Who Put That Hair in My Toothbrush?
- First edition
- Author: Jerry Spinelli
- Language: English
- Genre: Young adult
- Published: 1984 (Little, Brown)
- Publication place: United States
- Media type: Print (hardback & paperback)
- Pages: 220 pp
- ISBN: 0-316-80687-0
- OCLC: 49190573
- LC Class: PZ7.S75663 Wh 2004

= Who Put That Hair in My Toothbrush? =

Novel by Jerry Spinelli

Who Put That Hair in My Toothbrush? is a 1984 young adult novel written by Jerry Spinelli.

==Plot summary==

The story starts by having chapters between a girl named Megin and her brother Greg, who are in the 7th and 9th grade, respectively.

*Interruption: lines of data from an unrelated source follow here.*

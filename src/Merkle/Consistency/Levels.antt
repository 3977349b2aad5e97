-- ===== src/Merkle/Consistency/Levels.antt =====
-- The loop of `verify_consistency`, one node of the path at a time.
-- `fn` and `sn` say where the last nodes of the old and of the new tree stand in their level: at an
-- even or an odd place, and the same or different.
use blindrange.Prelude.{
  ℕ, zero, suc, ◌+◌, ◌-◌, ◌*◌, ◌/◌, ◌%◌, ◌^◌, ◌≤◌, ◌<◌, ◌≡◌, ◌==◌, ◌&&◌, not, refl, ap, ◌∙◌, List,
  [], ◌∷◌, ◌++◌, true, some, Bool-cases, inl, inr, arith, two_pow_pos, two_pow_suc, lt-two_pow,
}
use blindrange.Merkle.{Bytes, node_hash}
use blindrange.Merkle.Consistency.{Heads, strip, lift, rebuild_step, rebuild, rebuild_from}

-- A place, `j` levels above the place `s`.
unfoldable pub down : ℕ → ℕ → ℕ
down zero s = s
down (suc j) s = down j s / 2

pub down_ge : (j x s : ℕ) → x * 2 ^ j ≤ s → x ≤ down j s
unfolding down
down_ge zero x s h = omega arith
down_ge (suc j) x s h =
    let e : x * 2 ^ suc j ≡ x * (2 * 2 ^ j) = ap (λ (t : ℕ). x * t) (two_pow_suc j) in
    omega (arith, down_ge j (2 * x) s (omega (arith, e, h)))

pub down_lt : (j x s : ℕ) → s < x * 2 ^ j → down j s < x
unfolding down
down_lt zero x s h = omega arith
down_lt (suc j) x s h =
    let e : x * 2 ^ suc j ≡ x * (2 * 2 ^ j) = ap (λ (t : ℕ). x * t) (two_pow_suc j) in
    omega (arith, down_lt j (2 * x) s (omega (arith, e, h)))

down-half : (j s : ℕ) → down j (s / 2) ≡ down j s / 2
unfolding down
down-half zero s = refl
down-half (suc j) s = ap (λ (t : ℕ). t / 2) (down-half j s)

strip-even : (f p s : ℕ) → strip f (2 * p) s ≡ (2 * p, s)
unfolding strip
strip-even zero p s = refl
strip-even (suc f) p s = ground arith

-- From the last leaf of a full subtree that is a left child, the loop comes to that subtree.
pub strip_full :
    (j f p fn s : ℕ) → j ≤ f → suc fn ≡ (2 * p + 1) * 2 ^ j → strip f fn s ≡ (2 * p, down j s)
unfolding strip down
strip_full zero f p fn s h d = let d' : fn ≡ 2 * p = omega (arith, d) in rw d' (strip-even f p s)
strip_full (suc j) zero p fn s h d = absurd (omega arith)
strip_full (suc j) (suc f) p fn s h d =
    let b = (2 * p + 1) * 2 ^ j in
    let t : suc fn ≡ 2 * b = omega (arith, d, ap (λ (t : ℕ). (2 * p + 1) * t) (two_pow_suc j)) in
    let odd : (fn % 2 == 1) ≡ true = ground (arith, t) in
    rw odd (
      strip_full j f p (fn / 2) (s / 2) (omega arith) (omega (arith, t))
      ∙ ap (λ (t : ℕ). (2 * p, t)) (down-half j s))

-- The loop stops by its own test: after it `fn` is even.
pub strip-done : (f fn sn : ℕ) → fn ≤ f → (strip f fn sn).0 % 2 ≡ 0
unfolding strip
strip-done zero fn sn h = omega arith
strip-done (suc f) fn sn h = elim (Bool-cases (fn % 2 == 1)) [
  | inl odd ↦ rw odd (strip-done f (fn / 2) (sn / 2) (omega arith))
  | inr even ↦ rw even (ground (arith, even))
]

lift_stop : (f q s : ℕ) → lift f (2 * q + 1) s ≡ (2 * q + 1, s)
unfolding lift
lift_stop zero q s = refl
lift_stop (suc f) q s = ground arith

lift_odd : (e f p i : ℕ) → e ≤ f → i ≡ (2 * p + 1) * 2 ^ e → lift f i i ≡ (2 * p + 1, 2 * p + 1)
unfolding lift
lift_odd zero f p i h d =
    let d' : i ≡ 2 * p + 1 = omega (arith, d) in rw d' (lift_stop f p (2 * p + 1))
lift_odd (suc e) zero p i h d = absurd (omega arith)
lift_odd (suc e) (suc f) p i h d =
    let b = (2 * p + 1) * 2 ^ e in
    let t : i ≡ 2 * b = omega (arith, d, ap (λ (t : ℕ). (2 * p + 1) * t) (two_pow_suc e)) in
    let m : 2 ^ e ≤ b = omega arith in
    let half : i / 2 ≡ b = omega (arith, t) in
    let more : (not (i == 0) && i % 2 == 0) ≡ true = ground (arith, t, m, two_pow_pos e) in
    rw more (rw half (lift_odd e f p b (omega arith) refl))

abbrev pub both_at : Bytes → Bytes → ℕ → ℕ → Heads
both_at a b i n = record { fr = a; sr = b; fn = i; sn = n }

module _ (sha256 : Bytes → Bytes) where
  pub rebuild-append :
      (s : Heads) (xs ys : List Bytes) {t : Heads}
      → rebuild sha256 s xs ≡ some t
      → rebuild sha256 s (xs ++ ys) ≡ rebuild sha256 t ys
  unfolding rebuild
  rebuild-append s [] ys e = ap (λ u. rebuild sha256 u ys) (cc)
  rebuild-append s (x ∷ xs) ys e = elim (Bool-cases (s.sn == 0)) [
    | inl z ↦ let e' = rw z at e in cc
    | inr nz ↦ rw nz (rebuild-append (rebuild_step sha256 s x) xs ys (rw nz at e))
  ]

  pub rebuild_from-append :
      (m n : ℕ) (xs ys : List Bytes) {t : Heads}
      → rebuild_from sha256 m n xs ≡ some t
      → rebuild_from sha256 m n (xs ++ ys) ≡ rebuild sha256 t ys
  unfolding rebuild_from
  rebuild_from-append m n [] ys e = cc
  rebuild_from-append m n (x ∷ xs) ys e =
      let (fn, sn) = strip m (m - 1) (n - 1) in rebuild-append (both_at x x fn sn) xs ys e

  pub step_left :
      (a b x : Bytes) (q s : ℕ)
      → 2 * q < s
      → rebuild sha256 (both_at a b (2 * q) s) (x ∷ [])
        ≡ some (both_at a (node_hash sha256 b x) q (s / 2))
  unfolding rebuild rebuild_step
  step_left a b x q s p = ground arith

  pub step_right :
      (a b x : Bytes) (q s : ℕ)
      → 0 < s
      → rebuild sha256 (both_at a b (2 * q + 1) s) (x ∷ [])
        ≡ some (both_at (node_hash sha256 x a) (node_hash sha256 x b) q (s / 2))
  unfolding rebuild rebuild_step
  step_right a b x q s p = rw lift_stop (ground arith)

  -- The last nodes of both trees are one place, at any depth below the right child it stands for.
  pub step_last :
      (a b x : Bytes) (e q i : ℕ)
      → i ≡ (2 * q + 1) * 2 ^ e
      → rebuild sha256 (both_at a b i i) (x ∷ [])
        ≡ some (both_at (node_hash sha256 x a) (node_hash sha256 x b) q q)
  unfolding rebuild rebuild_step
  step_last a b x e q i d =
      let m : 2 ^ e ≤ i = omega (arith, d) in
      rw (lift_odd e i q i (omega (arith, m, lt-two_pow e)) d) (ground (arith, m, two_pow_pos e))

The book follows their various arguments and misadventures while exploring the thorny issue of sibling rivalry, giving both sibling's very own perspective on their disagreements and thoughts.
For Greg, the story follows his love life, and how he struggles between the choice of two girls, while Megin's story mainly follows her new relationship with Emile and Zoe, which are two of Megin's new friends.

==Background and release==
- The characters Megin and Greg are based on Spinelli's real life children Molly and Jeffery.
- Leo Borlock, who would later be the narrator in Stargirl is mentioned in this novel as a person who everyone goes to for advice.
- There are three main book covers for this book.